Symptom: Analysis converges until a certain load, then fails. Fix:

  1. Check for material instability (negative tangent modulus)
  2. Check for buckling (use Riks method)
  3. Check for contact separation (add stabilization)
  4. Check for excessive element distortion (remesh)

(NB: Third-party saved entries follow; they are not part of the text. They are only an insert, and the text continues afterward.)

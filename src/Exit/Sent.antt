-- ===== src/Exit/Sent.antt =====
-- What a submission asks of the exchange.
use Prim.Native.String.{String}
use auto_coin_bot.Common.{
  ◌≡◌, ◌⊎◌, refl, true, ◌&&◌, Option, none, some, [], ◌∷◌, Bool-cases, inl, inr,
}
use auto_coin_bot.Common.Float.{Float}
use auto_coin_bot.Common.Table.{str_eq}
use auto_coin_bot.Exit.Rows
use auto_coin_bot.Exit.Rows.{Position, Candidate, Log, Store, OrderStatus, RiskResult}
use auto_coin_bot.Exit.Store.{get_live_order_log}
use auto_coin_bot.Exit.Check
use auto_coin_bot.Exit.Check.{World}
use auto_coin_bot.Exit.Trigger.{Config}
use auto_coin_bot.Exit.Reconcile.{Exchange}
use auto_coin_bot.Exit.Preview
use auto_coin_bot.Exit.Submit
use auto_coin_bot.Exit.Submit.{Submitted}
use auto_coin_bot.Exit.Cleared.{IsCleared, PassesRisk}
use auto_coin_bot.Exit.Single.{found_allowed}

module _ {F : Type 0} ⦃num : Float F⦄ where
  -- The submission of a previewed order that has passed the guards: it is sent once, as it was previewed.
  pub record IsClearedSend (config : Config F) (w : World F) (e : Exchange F) (id text : String)
      (s : Store F) (r : Submitted F) : Type 0 where
    pub log : Log F
    pub candidate : Candidate F
    pub position : Position F
    pub confirmed : str_eq text "SUBMIT LIMIT EXIT ORDER" ≡ true
    pub found : get_live_order_log id s ≡ some log
    pub previewed : Rows.is_previewed log.status && Rows.is_allowed log.risk_result ≡ true
    pub candidate_found : Submit.candidate_of log.exit_candidate_id s ≡ some candidate
    pub position_found : Preview.position_of log.position_id s ≡ some position
    pub cleared : IsCleared config w s candidate position true log.is_auto_exit
    pub risk_passed : PassesRisk config w s candidate position true log.is_auto_exit log.request_id
    pub placed : r ≡ Submit.place e log (Preview.position_of log.position_id s) s
    pub sent : r.sent ≡ Submit.sent_of log ∷ []

  sent_once :
      (e : Exchange F) (l : Log F) (p : Option (Position F)) (s : Store F)
      → (Submit.place e l p s).sent ≡ Submit.sent_of l ∷ []
  unfolding Submit.place
  sent_once e l p s = refl

  submit_found-sent :
      (config : Config F) (w : World F) (e : Exchange F) (id text : String) (o : Option (Log F))
      (s : Store F)
      → str_eq text "SUBMIT LIMIT EXIT ORDER" ≡ true
      → get_live_order_log id s ≡ o
      → let r = Submit.submit_found config w e o s in
        (r.sent ≡ []) ⊎ IsClearedSend config w e id text s r
  unfolding Submit.submit_found Submit.submit_previewed Submit.refuse
  submit_found-sent config w e id text none s h f = inl refl
  submit_found-sent config w e id text (some l) s h f =
      let p = Preview.position_of l.position_id s in
      let c = Submit.candidate_of l.exit_candidate_id s in
      let risk = Check.evaluate_found config w s c p true l.is_auto_exit l.request_id in
      elim (Bool-cases (Rows.is_previewed l.status && Rows.is_allowed l.risk_result)) [
        | inr k ↦ rw k (inl refl)
        | inl k ↦ rw k (elim (Bool-cases risk.allowed) [
          | inr a ↦ rw a (inl refl)
          | inl a ↦
              let (candidate, same_candidate, (position, same_position, cleared, risk_passed)) =
                found_allowed config w s c p true l.is_auto_exit l.request_id a in
              rw a (
                inr (record {
                  log = l;
                  candidate = candidate;
                  position = position;
                  confirmed = h;
                  found = f;
                  previewed = k;
                  candidate_found = same_candidate;
                  position_found = same_position;
                  cleared = cleared;
                  risk_passed = risk_passed;
                  placed = refl;
                  sent = sent_once e l p s;
                }))
        ])
      ]

  -- A submission sends nothing to the exchange, or it sends the previewed order, once, after the
  -- confirmation, and its position has passed every guard of the exit check, at that time: those of the
  -- settings, the position, its orders and its tries, of the balances and the other answers of the exchange,
  -- of what can be sold and what it is worth, and all of the risk manager.
  pub submit_sends_cleared :
      (config : Config F) (w : World F) (e : Exchange F) (id text : String) (s : Store F)
      → let r = Submit.submit_exit_order config w e id text s in
        (r.sent ≡ []) ⊎ IsClearedSend config w e id text s r
  unfolding Submit.submit_exit_order
  submit_sends_cleared config w e id text s =
      elim (Bool-cases (str_eq text "SUBMIT LIMIT EXIT ORDER")) [
        | inl k ↦ rw k (submit_found-sent config w e id text (get_live_order_log id s) s k refl)
        | inr k ↦ rw k (inl refl)
      ]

Issue: Excessive Element Distortion

Symptom: Elements become too distorted, solver fails. Fix:

  1. Refine mesh in high-deformation regions
  2. Use reduced integration elements (C3D8R instead of C3D8)
  3. Enable adaptive remeshing (Abaqus/Explicit)
  4. Use ALE (Arbitrary Lagrangian-Eulerian) for large deformation

Element Selection for Nonlinear Analysis

| Element | Type | Use | |---------|------|-----| | C3D8R | Hex, reduced integration | General 3D (default for nonlinear) | | C3D8 | Hex, full integration | When hourglass is problematic | | C3D8H | Hex, hybrid | Rubber, incompressible materials | | C3D20R | Hex, quadratic, reduced | High accuracy (stress concentration) | | C3D10M | Tet, modified | Complex geometry, good for contact | | S4R | Shell, reduced | Thin walls, sheet metal | | B31 | Beam, linear | Frame structures |

Hourglass control: C3D8R elements can exhibit hourglass modes (zero-energy deformation). Check artificial hourglass energy < 5% of internal energy.

Verification Checklist

  • [ ] Nlgeom is ON for large deformation
  • [ ] Material plasticity uses true stress-strain data
  • [ ] Hardening model matches loading type (monotonic vs. cyclic)
  • [ ] Contact formulation is appropriate (penalty for general, augmented for accuracy)
  • [ ] Initial increment is small (0.01-0.05)
  • [ ] Automatic stabilization is used for unstable problems
  • [ ] Artificial energy < 5% of internal energy
  • [ ] Hourglass energy < 5% of internal energy (reduced integration)
  • [ | Reaction forces balance applied loads
  • [ ] No excessive element distortion
  • [ ] Energy balance is satisfied

Wrapping Up

If I had to boil nonlinear FEA down to one thing, it's this: know what's making your model nonlinear and set up your solver accordingly. Small initial increments, reasonable cutback limits, and stabilization when you need it. I check the energy balance on every nonlinear run — if artificial energy is more than 5% of internal energy, something's off with your damping or your mesh. And don't be afraid to start with a simpler model and add complexity. I've seen too many people throw a fully nonlinear model at the solver on day one and then spend a week trying to figure out why it won't converge.